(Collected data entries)
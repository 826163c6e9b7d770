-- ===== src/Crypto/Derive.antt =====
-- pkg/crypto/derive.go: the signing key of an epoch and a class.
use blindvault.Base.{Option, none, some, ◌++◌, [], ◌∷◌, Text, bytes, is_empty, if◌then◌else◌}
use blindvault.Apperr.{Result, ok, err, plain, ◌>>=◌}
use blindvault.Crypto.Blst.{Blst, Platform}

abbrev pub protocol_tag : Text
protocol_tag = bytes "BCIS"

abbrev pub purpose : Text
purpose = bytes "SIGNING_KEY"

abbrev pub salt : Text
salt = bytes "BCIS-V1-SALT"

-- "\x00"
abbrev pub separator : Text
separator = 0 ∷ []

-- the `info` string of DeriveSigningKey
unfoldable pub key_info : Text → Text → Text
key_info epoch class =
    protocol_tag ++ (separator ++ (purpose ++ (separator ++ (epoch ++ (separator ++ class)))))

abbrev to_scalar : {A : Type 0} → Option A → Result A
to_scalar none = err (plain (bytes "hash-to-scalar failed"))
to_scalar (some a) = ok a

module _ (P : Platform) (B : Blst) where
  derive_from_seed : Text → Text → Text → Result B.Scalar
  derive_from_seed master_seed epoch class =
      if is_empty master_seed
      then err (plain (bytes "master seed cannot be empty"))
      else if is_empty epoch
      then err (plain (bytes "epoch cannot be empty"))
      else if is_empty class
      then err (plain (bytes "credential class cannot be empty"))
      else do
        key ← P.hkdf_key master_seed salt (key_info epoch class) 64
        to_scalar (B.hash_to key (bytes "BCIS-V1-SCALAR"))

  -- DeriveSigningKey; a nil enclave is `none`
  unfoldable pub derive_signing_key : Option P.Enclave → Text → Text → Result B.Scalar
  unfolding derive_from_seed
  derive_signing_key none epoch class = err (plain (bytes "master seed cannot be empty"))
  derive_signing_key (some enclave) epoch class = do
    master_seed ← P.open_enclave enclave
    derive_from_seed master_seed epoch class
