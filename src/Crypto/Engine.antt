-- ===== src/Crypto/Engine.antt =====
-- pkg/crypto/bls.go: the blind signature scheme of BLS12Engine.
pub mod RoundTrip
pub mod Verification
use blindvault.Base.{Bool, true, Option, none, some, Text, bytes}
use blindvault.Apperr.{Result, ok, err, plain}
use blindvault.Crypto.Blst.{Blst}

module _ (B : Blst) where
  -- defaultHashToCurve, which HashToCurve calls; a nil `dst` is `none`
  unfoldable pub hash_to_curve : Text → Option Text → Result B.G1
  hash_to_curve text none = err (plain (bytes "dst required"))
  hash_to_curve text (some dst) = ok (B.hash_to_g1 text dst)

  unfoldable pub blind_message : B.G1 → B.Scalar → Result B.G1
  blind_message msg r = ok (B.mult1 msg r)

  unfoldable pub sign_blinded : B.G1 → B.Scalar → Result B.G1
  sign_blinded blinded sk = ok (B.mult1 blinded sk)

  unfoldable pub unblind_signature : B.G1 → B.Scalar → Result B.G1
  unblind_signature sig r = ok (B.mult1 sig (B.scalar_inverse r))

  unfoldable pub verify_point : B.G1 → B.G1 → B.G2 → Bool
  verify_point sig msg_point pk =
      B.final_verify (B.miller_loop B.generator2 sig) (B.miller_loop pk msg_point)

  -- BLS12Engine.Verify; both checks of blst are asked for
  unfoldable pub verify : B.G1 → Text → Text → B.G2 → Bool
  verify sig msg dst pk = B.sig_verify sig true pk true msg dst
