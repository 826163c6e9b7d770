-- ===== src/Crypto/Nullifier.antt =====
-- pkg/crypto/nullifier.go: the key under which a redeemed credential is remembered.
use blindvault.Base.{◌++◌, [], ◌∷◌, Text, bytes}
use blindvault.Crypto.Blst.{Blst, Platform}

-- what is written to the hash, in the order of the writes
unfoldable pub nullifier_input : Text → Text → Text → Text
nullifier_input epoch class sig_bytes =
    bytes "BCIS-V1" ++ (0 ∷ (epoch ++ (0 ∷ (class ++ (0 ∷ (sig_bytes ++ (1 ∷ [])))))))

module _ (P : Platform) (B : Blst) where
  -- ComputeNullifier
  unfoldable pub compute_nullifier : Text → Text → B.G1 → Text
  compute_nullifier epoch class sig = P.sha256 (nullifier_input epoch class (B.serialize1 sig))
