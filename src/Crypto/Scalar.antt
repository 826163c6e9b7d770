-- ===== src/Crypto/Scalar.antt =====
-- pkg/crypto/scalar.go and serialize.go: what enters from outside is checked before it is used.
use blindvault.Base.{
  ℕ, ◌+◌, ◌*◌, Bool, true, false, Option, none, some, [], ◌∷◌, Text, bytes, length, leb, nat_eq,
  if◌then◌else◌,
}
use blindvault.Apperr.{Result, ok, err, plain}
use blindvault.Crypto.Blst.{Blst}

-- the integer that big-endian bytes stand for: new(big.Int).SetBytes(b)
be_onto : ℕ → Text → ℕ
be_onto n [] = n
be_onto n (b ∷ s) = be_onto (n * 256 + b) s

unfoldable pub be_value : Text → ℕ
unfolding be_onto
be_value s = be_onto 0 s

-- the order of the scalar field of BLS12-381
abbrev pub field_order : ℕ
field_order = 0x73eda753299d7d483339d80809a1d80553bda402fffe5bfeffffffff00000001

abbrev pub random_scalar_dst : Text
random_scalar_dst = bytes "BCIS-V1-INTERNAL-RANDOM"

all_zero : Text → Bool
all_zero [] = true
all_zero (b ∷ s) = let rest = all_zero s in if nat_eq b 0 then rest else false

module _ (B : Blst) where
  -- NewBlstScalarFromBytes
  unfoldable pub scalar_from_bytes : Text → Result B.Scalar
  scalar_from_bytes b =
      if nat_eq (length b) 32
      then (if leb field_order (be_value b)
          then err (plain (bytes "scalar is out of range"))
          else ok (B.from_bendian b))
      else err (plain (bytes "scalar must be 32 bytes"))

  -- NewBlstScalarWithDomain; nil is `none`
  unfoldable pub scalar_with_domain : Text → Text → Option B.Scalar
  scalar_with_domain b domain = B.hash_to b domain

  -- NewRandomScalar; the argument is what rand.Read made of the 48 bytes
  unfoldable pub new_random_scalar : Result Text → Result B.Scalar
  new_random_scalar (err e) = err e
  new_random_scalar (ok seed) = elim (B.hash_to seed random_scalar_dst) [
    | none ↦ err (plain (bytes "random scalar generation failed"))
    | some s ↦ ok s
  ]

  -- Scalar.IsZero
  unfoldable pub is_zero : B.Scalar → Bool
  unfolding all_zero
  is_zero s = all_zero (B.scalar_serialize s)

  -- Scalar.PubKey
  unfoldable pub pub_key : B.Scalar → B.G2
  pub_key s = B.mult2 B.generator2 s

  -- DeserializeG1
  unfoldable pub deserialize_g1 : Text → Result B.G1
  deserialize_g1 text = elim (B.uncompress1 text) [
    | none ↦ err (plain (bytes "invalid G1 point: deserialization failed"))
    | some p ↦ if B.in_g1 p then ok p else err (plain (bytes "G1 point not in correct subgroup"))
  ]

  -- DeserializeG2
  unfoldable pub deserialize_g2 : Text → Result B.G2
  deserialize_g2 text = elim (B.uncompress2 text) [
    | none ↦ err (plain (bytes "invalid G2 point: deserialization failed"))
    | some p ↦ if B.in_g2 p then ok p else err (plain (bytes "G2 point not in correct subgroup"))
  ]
...
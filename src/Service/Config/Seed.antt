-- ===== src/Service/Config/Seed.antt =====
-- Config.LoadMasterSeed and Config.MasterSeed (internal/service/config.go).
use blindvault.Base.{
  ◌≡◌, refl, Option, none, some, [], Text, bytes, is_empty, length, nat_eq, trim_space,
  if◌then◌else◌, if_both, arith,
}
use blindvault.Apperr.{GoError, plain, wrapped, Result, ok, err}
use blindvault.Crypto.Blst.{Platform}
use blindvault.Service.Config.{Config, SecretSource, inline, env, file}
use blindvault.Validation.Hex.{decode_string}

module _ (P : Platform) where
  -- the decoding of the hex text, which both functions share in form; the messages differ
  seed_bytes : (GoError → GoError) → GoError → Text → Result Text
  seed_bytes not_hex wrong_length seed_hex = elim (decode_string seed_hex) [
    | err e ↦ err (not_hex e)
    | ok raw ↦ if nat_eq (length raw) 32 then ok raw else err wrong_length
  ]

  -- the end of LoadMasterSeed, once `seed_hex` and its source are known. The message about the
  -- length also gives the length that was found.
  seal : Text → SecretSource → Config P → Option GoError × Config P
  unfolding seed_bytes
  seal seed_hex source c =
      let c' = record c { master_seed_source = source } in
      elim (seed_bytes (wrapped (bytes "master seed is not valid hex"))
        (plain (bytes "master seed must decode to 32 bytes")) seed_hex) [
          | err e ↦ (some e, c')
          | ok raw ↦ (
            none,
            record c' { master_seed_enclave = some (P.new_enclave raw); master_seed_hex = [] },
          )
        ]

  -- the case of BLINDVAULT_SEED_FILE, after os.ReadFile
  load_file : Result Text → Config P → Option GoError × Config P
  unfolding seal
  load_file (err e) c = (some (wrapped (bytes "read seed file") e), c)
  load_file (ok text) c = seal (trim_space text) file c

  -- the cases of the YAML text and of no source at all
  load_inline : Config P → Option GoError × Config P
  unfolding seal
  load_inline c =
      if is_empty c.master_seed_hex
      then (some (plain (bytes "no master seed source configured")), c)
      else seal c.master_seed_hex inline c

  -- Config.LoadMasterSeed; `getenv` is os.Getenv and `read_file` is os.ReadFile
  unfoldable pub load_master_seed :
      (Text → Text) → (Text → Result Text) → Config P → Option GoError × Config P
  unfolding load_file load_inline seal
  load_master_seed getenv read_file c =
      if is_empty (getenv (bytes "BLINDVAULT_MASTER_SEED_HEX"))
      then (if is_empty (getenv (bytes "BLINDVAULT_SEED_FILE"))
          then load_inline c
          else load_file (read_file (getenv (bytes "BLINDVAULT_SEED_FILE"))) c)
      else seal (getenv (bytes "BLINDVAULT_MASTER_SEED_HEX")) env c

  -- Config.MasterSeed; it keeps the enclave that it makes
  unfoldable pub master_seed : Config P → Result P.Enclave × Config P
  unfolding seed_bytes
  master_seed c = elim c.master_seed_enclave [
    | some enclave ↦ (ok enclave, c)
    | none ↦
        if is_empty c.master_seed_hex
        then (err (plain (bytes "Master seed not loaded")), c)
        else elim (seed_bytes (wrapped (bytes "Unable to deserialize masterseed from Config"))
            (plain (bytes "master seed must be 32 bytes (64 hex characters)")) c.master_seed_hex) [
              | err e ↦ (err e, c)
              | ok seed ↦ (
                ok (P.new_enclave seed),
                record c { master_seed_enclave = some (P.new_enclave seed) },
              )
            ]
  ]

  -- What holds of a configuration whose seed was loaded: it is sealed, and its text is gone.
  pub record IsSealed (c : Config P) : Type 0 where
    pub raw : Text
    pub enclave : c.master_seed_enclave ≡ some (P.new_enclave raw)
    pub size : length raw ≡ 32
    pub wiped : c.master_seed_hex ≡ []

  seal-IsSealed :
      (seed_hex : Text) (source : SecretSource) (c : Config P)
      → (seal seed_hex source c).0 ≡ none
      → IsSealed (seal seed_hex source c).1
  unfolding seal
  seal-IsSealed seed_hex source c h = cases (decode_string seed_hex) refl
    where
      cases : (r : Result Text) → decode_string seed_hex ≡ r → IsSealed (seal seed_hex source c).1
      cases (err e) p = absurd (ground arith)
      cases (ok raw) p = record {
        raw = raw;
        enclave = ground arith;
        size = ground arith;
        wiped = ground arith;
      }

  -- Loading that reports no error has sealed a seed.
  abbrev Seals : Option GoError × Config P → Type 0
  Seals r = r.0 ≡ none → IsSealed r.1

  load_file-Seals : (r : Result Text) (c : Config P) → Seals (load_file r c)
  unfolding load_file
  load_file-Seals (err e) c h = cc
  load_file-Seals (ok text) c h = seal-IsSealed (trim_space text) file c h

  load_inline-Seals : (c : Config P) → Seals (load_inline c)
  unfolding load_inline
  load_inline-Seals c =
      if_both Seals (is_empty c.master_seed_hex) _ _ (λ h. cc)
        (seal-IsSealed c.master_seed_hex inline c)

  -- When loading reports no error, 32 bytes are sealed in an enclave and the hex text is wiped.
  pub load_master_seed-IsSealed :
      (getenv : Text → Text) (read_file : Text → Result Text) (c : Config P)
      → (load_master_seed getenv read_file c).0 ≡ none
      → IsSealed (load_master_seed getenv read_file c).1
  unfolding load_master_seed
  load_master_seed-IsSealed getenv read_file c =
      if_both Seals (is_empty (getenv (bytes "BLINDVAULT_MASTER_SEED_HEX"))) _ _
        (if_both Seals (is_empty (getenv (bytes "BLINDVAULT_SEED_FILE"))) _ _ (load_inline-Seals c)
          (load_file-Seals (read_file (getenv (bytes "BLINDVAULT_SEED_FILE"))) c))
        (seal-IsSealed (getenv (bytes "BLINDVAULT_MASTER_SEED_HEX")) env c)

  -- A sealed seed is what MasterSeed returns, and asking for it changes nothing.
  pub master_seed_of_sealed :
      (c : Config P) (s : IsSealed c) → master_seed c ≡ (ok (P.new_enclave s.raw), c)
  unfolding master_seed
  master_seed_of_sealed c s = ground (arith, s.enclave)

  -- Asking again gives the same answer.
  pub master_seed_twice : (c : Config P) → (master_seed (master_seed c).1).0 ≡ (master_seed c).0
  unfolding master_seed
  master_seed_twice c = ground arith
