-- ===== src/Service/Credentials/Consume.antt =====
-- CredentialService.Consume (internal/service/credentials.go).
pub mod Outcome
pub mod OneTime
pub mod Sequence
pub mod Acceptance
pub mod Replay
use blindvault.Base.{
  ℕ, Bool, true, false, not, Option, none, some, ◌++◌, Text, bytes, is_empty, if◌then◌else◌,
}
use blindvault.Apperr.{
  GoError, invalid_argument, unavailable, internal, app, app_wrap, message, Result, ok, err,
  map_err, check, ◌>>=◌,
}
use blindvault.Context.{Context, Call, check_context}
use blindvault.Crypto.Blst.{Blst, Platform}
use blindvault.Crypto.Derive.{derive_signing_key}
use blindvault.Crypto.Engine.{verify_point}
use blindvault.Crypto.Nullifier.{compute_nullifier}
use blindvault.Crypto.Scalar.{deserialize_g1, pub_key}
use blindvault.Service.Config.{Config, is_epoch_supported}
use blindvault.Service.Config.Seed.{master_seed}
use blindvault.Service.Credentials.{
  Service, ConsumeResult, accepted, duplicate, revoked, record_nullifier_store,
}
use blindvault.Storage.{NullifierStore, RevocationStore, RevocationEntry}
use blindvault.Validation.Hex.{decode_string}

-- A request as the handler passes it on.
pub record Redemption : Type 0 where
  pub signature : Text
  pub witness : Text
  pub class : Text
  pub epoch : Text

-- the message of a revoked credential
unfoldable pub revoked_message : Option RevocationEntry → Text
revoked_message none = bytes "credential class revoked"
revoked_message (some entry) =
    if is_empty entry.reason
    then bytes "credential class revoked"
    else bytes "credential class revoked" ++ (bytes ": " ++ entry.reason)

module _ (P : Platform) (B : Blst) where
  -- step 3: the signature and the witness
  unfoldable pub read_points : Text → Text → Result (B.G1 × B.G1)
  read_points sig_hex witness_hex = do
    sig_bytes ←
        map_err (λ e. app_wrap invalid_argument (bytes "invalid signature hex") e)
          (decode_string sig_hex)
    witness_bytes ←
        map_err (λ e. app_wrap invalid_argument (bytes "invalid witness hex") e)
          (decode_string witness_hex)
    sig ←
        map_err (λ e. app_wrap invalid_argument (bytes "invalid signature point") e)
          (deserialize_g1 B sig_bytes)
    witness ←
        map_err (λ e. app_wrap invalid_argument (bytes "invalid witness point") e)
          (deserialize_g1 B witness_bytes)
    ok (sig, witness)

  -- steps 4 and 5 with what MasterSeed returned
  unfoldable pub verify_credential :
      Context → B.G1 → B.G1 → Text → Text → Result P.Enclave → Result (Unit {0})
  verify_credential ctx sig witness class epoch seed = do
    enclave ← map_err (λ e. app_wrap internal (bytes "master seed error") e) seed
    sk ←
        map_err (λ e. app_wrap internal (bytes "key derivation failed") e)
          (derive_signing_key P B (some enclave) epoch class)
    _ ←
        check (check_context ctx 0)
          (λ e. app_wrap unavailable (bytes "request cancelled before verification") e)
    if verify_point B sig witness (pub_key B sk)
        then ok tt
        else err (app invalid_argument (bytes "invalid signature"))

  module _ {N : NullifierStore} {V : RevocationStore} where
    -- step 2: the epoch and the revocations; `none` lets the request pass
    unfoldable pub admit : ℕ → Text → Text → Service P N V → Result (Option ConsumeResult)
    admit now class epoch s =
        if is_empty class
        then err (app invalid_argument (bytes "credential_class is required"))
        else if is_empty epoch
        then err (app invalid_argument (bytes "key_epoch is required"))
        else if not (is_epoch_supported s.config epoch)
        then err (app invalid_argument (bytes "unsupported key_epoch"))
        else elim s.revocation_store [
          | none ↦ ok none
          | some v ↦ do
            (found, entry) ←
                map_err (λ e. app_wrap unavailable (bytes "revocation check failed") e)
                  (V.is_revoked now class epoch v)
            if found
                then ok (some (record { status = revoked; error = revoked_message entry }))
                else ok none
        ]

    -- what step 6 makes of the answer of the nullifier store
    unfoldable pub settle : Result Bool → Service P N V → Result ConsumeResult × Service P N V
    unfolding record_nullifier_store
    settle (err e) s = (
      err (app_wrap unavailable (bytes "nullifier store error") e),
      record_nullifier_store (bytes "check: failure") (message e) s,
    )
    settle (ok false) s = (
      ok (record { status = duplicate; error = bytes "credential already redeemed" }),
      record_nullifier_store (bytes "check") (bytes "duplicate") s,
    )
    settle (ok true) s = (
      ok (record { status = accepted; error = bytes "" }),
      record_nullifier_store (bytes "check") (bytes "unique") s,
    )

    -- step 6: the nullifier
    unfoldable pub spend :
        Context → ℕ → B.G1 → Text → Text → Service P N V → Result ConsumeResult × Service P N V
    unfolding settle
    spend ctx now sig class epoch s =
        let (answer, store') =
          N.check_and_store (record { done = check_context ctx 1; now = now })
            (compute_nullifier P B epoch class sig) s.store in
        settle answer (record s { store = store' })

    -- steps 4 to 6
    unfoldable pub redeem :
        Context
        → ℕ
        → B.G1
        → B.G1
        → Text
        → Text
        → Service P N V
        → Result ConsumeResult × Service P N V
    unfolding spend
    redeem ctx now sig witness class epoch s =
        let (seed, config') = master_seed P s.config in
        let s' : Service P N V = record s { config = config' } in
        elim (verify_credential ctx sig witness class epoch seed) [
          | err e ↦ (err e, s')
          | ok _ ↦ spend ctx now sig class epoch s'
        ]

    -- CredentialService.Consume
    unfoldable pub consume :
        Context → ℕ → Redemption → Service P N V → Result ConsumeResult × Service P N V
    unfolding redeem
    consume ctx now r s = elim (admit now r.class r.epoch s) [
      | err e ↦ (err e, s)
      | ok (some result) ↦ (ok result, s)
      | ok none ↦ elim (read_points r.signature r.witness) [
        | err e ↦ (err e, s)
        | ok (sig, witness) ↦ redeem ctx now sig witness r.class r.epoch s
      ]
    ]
--
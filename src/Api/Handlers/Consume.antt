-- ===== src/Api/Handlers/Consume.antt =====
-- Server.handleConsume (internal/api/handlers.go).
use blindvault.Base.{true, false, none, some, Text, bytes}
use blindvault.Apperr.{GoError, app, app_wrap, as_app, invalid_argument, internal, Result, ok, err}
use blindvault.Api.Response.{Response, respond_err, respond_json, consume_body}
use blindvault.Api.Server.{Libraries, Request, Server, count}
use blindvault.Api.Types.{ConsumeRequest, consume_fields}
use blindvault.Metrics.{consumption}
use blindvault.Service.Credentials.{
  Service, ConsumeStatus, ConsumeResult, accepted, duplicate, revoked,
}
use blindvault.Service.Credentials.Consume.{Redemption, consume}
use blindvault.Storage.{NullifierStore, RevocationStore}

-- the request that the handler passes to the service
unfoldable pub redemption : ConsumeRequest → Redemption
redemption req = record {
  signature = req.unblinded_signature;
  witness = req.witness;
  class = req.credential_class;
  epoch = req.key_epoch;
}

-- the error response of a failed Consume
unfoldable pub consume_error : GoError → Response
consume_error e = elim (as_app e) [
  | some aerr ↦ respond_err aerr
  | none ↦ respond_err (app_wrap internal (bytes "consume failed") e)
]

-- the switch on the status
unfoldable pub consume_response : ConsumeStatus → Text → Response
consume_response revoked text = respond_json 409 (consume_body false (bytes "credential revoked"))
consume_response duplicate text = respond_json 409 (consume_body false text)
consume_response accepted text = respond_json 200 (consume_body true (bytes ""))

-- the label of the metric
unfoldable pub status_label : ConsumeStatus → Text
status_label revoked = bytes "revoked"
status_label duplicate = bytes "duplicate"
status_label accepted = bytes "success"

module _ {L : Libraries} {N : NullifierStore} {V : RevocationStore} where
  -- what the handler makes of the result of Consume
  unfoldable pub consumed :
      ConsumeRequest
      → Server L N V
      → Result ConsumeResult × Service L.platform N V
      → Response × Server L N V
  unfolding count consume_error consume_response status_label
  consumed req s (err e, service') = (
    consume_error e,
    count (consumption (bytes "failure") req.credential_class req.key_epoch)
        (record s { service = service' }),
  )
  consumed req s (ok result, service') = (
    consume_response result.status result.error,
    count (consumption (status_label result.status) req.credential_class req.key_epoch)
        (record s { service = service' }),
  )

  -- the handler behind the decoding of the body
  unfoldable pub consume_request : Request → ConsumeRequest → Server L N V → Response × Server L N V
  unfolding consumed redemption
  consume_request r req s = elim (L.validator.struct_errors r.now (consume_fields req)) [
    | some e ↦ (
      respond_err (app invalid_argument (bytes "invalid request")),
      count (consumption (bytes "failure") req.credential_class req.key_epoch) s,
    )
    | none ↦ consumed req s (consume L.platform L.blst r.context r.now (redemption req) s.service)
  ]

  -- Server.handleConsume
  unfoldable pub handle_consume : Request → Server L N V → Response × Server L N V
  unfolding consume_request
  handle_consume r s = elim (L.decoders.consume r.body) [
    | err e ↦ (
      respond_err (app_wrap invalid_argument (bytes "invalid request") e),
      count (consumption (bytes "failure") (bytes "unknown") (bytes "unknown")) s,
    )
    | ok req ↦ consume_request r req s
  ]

- _Problem statement_:
Lines from the entries that contain the word "before" are what the answer must hold.

- _Exercise response_:
-- pkg/crypto/scalar.go and serialize.go: what enters from outside is checked before it is used.
          (λ e. app_wrap unavailable (bytes "request cancelled before verification") e)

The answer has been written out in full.